La sua Valle Scannese divenne così punto di riferimento, e la vita si pose al servizio di chi volesse viverla per quel che di più bello potesse offrire. Una ascesa senza muri, una sorpresa dopo l’altra sino alla benedizione di un Papa, vero e non di fantasia, che ebbe a dichiarare egli eterno amore e simpatia. E poi, i giornali, i telegiornali, i documentari, le fiere, la voglia di essere quello di sempre per sempre : Gregorio. Il suo cappello rosso di lana è l’emblema di un orgoglio senza limiti di spazio, ma nella consapevolezza che dell’orgoglio si poteva e si può essere partecipi senza essere autoreferenziali nel porre il proprio sapere e le proprie azioni verso la disponibilità altrui.
Questo si chiama : Bene collettivo ! Gregorio era e resta : Il Bene collettivo. Tempi passati che non cancellano quanto la gioventù è inesperta ma mai vana. Tempi presenti che non cancellano quanto la matura età, detta regole ben precise di sostenibilità. Tempi futuri che non potranno cancellare quanto il nostro omone dal bastone amico, ha seminato. Saprà aspettare ancora, come ha fatto sempre, come sempre ci ha insegnato. Non bisogna dar fretta agli eventi né tantomeno alla natura, alla vita. – “ Siamo di passaggio, siate seminatori. Se non potrai raccogliere tu il frutto del seme, goditi il sapore di chi ha raccolto dopo di te “- questa è la storia in sintesi di un uomo che ha seminato per se e per tutti noi. Resta a noi saper aspettare gli eventi e nel suo insegnamento, mai dimenticare che Gregorio sa aspettare.
Sarà felice si vederci raccogliere il suo seme, e godere insieme del suo generoso frutto. La messa è terminata, il feretro torna fuori delle sue mura, si avvia verso la notte. Sarà chiuso in un posto stretto, angusto e mai più luminoso. Lui no, lui, il nostro Gregorio, saprà accendere le stelle, parlar con loro per non farle addormentare affinché il loro splendore sia il suo ed il suo, come sempre, il nostro. Aspetteremo e con lui vivremo ancora giornate di sole, di neve, di gioia, di pianto.

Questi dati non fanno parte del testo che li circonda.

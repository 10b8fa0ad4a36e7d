-- ===== src/Core/DomainConverter.antt =====
-- hft/core/websocket/market_data/exchanges/binance/futures/binance_future_domain_converter.hpp: the
-- entries that a snapshot becomes. The pool that the entries come from is not exhausted.
use hft.Prelude.{if◌then◌else◌, List, [], ◌∷◌, ◌++◌}
use hft.Prelude.Int.{ℤ, pos, leb_ℤ}
use hft.Common.Types.{Side, buy, sell, invalid_side}
use hft.Core.MarketData.{MarketUpdateType, MarketData, clear, add, cancel}

unfoldable pub make_entry : Side → MarketUpdateType → ℤ × ℤ → MarketData
make_entry s t level = record {
  update_type = if leb_ℤ level.1 (pos 0) then cancel else t;
  side = s;
  price = level.0;
  qty = level.1;
}

-- The loop over the levels of one side.
unfoldable pub side_entries : Side → List (ℤ × ℤ) → List MarketData
side_entries s [] = []
side_entries s (l ∷ ls) = make_entry s add l ∷ side_entries s ls

abbrev pub clear_entry : MarketData
clear_entry = record { update_type = clear; side = invalid_side; price = pos 0; qty = pos 0 }

-- `MarketDataVisitor::operator()(const DepthSnapshot&)`
unfoldable pub snapshot_entries : List (ℤ × ℤ) → List (ℤ × ℤ) → List MarketData
snapshot_entries bids asks = clear_entry ∷ side_entries buy bids ++ side_entries sell asks
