-- ===== src/Lib.antt =====
-- The game server of CiFarm: a farming game whose players plant crops, keep animals, help and rob
-- their neighbors, and trade in a shop. What is modelled is the core of its rules.
--
-- Parts, and the files that model them (paths are from the root of the repository):
--   Entities        the rows of the database, src/databases/postgresql/gameplay: one record for each
--                   entity, with the columns that the modelled services read or write
--   Gameplay        the services of src/gameplay: Energy, Level, Wallet (gold and tokens), Inventory
--                   and Thief; Gameplay.Activity is the sequence of calls by which every service
--                   charges a user for an activity
--   Result          the exceptions, and the sequencing of code that may throw
--   Database        the queries and the statements of the services, as an interface
--   Service         the form of every handler of apps/gameplay-service: it reads and may throw, then
--                   runs its statements in one transaction, then sends messages and returns
--   Care            what it is to take care of a crop, which six services do in one form, and of an
--                   animal, which three do
--   Farming         apps/gameplay-service/src/farming: Crops (water, pesticide, herbicide), Seeds
--                   (planting, fertilizer, harvest) and Animals (feeding, curing, collecting)
--   Community       apps/gameplay-service/src/community: Help (four services), Thief (two) and
--                   Follow (two)
--   Shop            apps/gameplay-service/src/shop: Stock (seeds, supplies), Farm (animals,
--                   buildings) and Tiles
--   Upgrade         apps/gameplay-service/src/upgrade
--   Delivery        apps/gameplay-service/src/delivery; Return is on a product that comes back
--   Claim           apps/gameplay-service/src/claim: the daily reward and, in Spin, the wheel of fortune
--   Placement       apps/gameplay-service/src/placement: moving, placing and taking back
--   Player          theorems on what the services of one kind have in common, whichever is called
--   Worker          apps/cron-worker: Crop, Animal and Energy on one row, Process on the rows of a job,
--                   and Delivery; and the batches of apps/cron-scheduler (Schedule)
--   Scheduler       apps/cron-scheduler: the ticks of crops, animals and energy, the date of the last
--                   schedule and the speed-ups, and apps/gameplay-service/src/dev/speed-up
--   Leader          src/kubernetes/leader-election, which says which scheduler acts: every method and
--                   callback as a step of a state machine, and the flags of the schedulers
--   Auth            apps/gameplay-service/src/auth: login by signature, refresh, and the signatures of
--                   made-up accounts (Signature)
--   Sockets         apps/io-gameplay: the sockets, which farm each observes, and what is sent to it
--   Seed            apps/cli/src/database/seed/seeders/gameplay: the rows of the catalogue, the values
--                   of the `system` table, and the wheel of fortune
--   Gateway         apps/rest-api-gateway/src/v1/gameplay: the guarded routes, which hand a request to
--                   the gRPC client in the name of the user of its token, and those of a login (Session)
--   Tests           a database in memory, which meets the laws, and concrete inputs for the theorems
--
-- A handler keeps the name of the method of its service in snake_case; its arguments are the fields
-- of the request, and `user_id` is the user that the request names. It is a function from a state of
-- the database to a `Plan`, the statements, messages and response, or an exception; `perform` runs
-- it. A value that is read although it may be missing goes through `deref`, a `TypeError` there.
--
-- The database (TypeORM over PostgreSQL) and the broker are not part of the repository. `Database` is
-- a record of the queries that the services make and of the commit; `DatabaseLaws` is what the
-- theorems rely on: a query returns rows that meet its criteria and loads the relations it names, and
-- a commit applies its statements to the rows of users, crops and animals. In the same way `LeaseApi`
-- is the lease API of Kubernetes, `JobStore` the rows of the schedulers with the queues of BullMQ,
-- `AuthStore` the rows and the cache of a login, `DeliveryStore` those of the deliveries, each with a
-- record of laws, and `WorkerStore` the rows of the workers. The checks of signatures
-- and of tokens, which libraries do, are functions that are passed in.
--
-- The leader and the schedulers: a scheduler keeps a flag that follows the events of the election
-- (Leader.Announced); on a leader, a tick puts jobs into the queue, one for each batch of rows, with
-- the time that has passed (Scheduler), and the workers move every row of a batch on by that time
-- (Worker; Scheduler.Growth and Scheduler.Reached put the two together).
--
-- Numbers: prices, quantities, times and levels are whole numbers that may be negative (ℤ), as the
-- columns are; the tokens, a float column, are multiples of a smallest amount. Where a worker divides
-- a harvest by two the half that may be left over is kept apart. Random numbers and chances are
-- arguments, as numerators over one denominator. Nothing wraps around: sums of int columns are taken
-- to stay within PostgreSQL's range.
--
-- Fuel: the `while` loop of the inventory takes the number of pieces as its fuel, which is enough for
-- stacks of at least 1 piece; that of the crop worker takes one round for each stage that is left,
-- after which its own test stops it.
--
-- Not modelled: what gRPC makes of a request between the gateway and gameplay-service, where the
-- messages of proto/gameplay_service lack some fields of the requests; what becomes of the
-- transactions of `move` and `unfollow`, which are left open; the subgraph and the bot, which pass
-- rows and messages on; the commands of the command line, which run Docker and the seeders; the
-- tutorial, which writes two numbers; how the statements of different users overlap in the delivery
-- worker; caches, health checks and the configuration; reads of NFTs from the chains, which sit in
-- libraries; the restart of a watch; and handlers that run between each other's queries and
-- commits.
pub mod Prelude
pub mod Result
pub mod Entities
pub mod Gameplay
pub mod Database
pub mod Service
pub mod Care
pub mod Farming
pub mod Community
pub mod Shop
pub mod Upgrade
pub mod Delivery
pub mod Claim
pub mod Placement
pub mod Player
pub mod Worker
pub mod Scheduler
pub mod Leader
pub mod Auth
pub mod Gateway
pub mod Sockets
pub mod Seed
pub mod Tests
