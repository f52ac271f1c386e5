-- ===== src/Result.antt =====
-- The outcome of a call: a value, or the exception that it throws (src/exceptions, and the gRPC
-- exceptions of nestjs-grpc-exceptions and src/common).
use cifarm_server_alternativ.Prelude.{
  ℕ, ◌≡◌, refl, String, Bool, true, false, if◌then◌else◌, Option, none, some, ◌⊎◌, inl, inr, ℤ,
}

pub data Exception : Type 0 where
  grpc_not_found : String → Exception
  grpc_failed_precondition : String → Exception
  grpc_permission_denied : String → Exception
  grpc_internal : String → Exception
  -- what is thrown after the rollback: `GrpcInternalException("Transaction failed, reason: …")`, but
  -- `GrpcNotFoundException` in place-tile.service.ts, which is the same constructor here
  transaction_failed : Exception → Exception
  grpc_unauthenticated : String → Exception
  grpc_cache_not_found : ℕ → Exception
  chain_key_not_found : Exception
  -- `new Error("Account address is required")`
  account_address_required : Exception
  -- the guard of a route refuses the request
  unauthorized : Exception
  -- the database refuses a statement or the commit
  database_error : Exception
  -- a property of `null` or `undefined` is read
  type_error : Exception
  -- no exception: a loop of the source that does not end
  endless_loop : Exception
  energy_exceeds_maximum : ℤ → ℤ → Exception
  energy_not_enough : ℤ → ℤ → Exception
  experience_cannot_be_zero_or_negative : ℤ → Exception
  gold_cannot_be_zero_or_negative : ℤ → Exception
  user_insufficient_gold : ℤ → ℤ → Exception
  token_cannot_be_zero_or_negative : ℤ → Exception
  user_insufficient_token : ℤ → ℤ → Exception
  inventory_quantity_not_sufficient : Option ℕ → ℤ → Exception

pub data Result {ℓ} (A : Type ℓ) : Type ℓ where
  err : (thrown : Exception) → Result A
  ok : (value : A) → Result A

-- `if (test) throw e`
abbrev pub throw_if : Bool → Exception → Result (Unit {0})
throw_if test e = if test then err e else ok tt

-- A call that throws ends the sequence that it stands in.
infixl 5 ◌>>=◌
abbrev pub ◌>>=◌ {ℓ κ} :
    {A : Type ℓ} {B : Type κ} (call : Result A) (rest : A → Result B) → Result B
err thrown >>= rest = err thrown
ok value >>= rest = rest value

-- A statement before the rest of a sequence.
infixl 5 ◌>>◌
abbrev pub ◌>>◌ {ℓ} : {B : Type ℓ} (statement : Result (Unit {0})) (rest : Result B) → Result B
err thrown >> rest = err thrown
ok value >> rest = rest

-- `if (!value) throw e`, and from there on the value
abbrev pub or_throw {ℓ} : {A : Type ℓ} → Option A → Exception → Result A
or_throw none e = err e
or_throw (some a) e = ok a

-- What the code reads through `value.field`: a `TypeError` where the value is missing.
abbrev pub deref {ℓ} : {A : Type ℓ} → Option A → Result A
deref none = err type_error
deref (some a) = ok a

abbrev pub is_some {ℓ} : {A : Type ℓ} → Option A → Bool
is_some none = false
is_some (some a) = true

pub Result-cases {ℓ} :
    {A : Type ℓ} (r : Result A) → ((e : Exception) × (r ≡ err e)) ⊎ ((a : A) × (r ≡ ok a))
Result-cases (ok a) = inr (a, refl)
Result-cases (err e) = inl (e, refl)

Non ci resta che asciugare le lacrime e vedere, aspettando, i prossimi fiori da esse irrorati. Non parliamo di morte, Gregorio non approverebbe. Diamo speranza alla Vita, lui sarà, come è adesso, felice. Ciao amico del Mondo, presto la tua tomba sarà al cospetto della luce e noi con essa risparmieremo il tempo di trovar l’interruttore.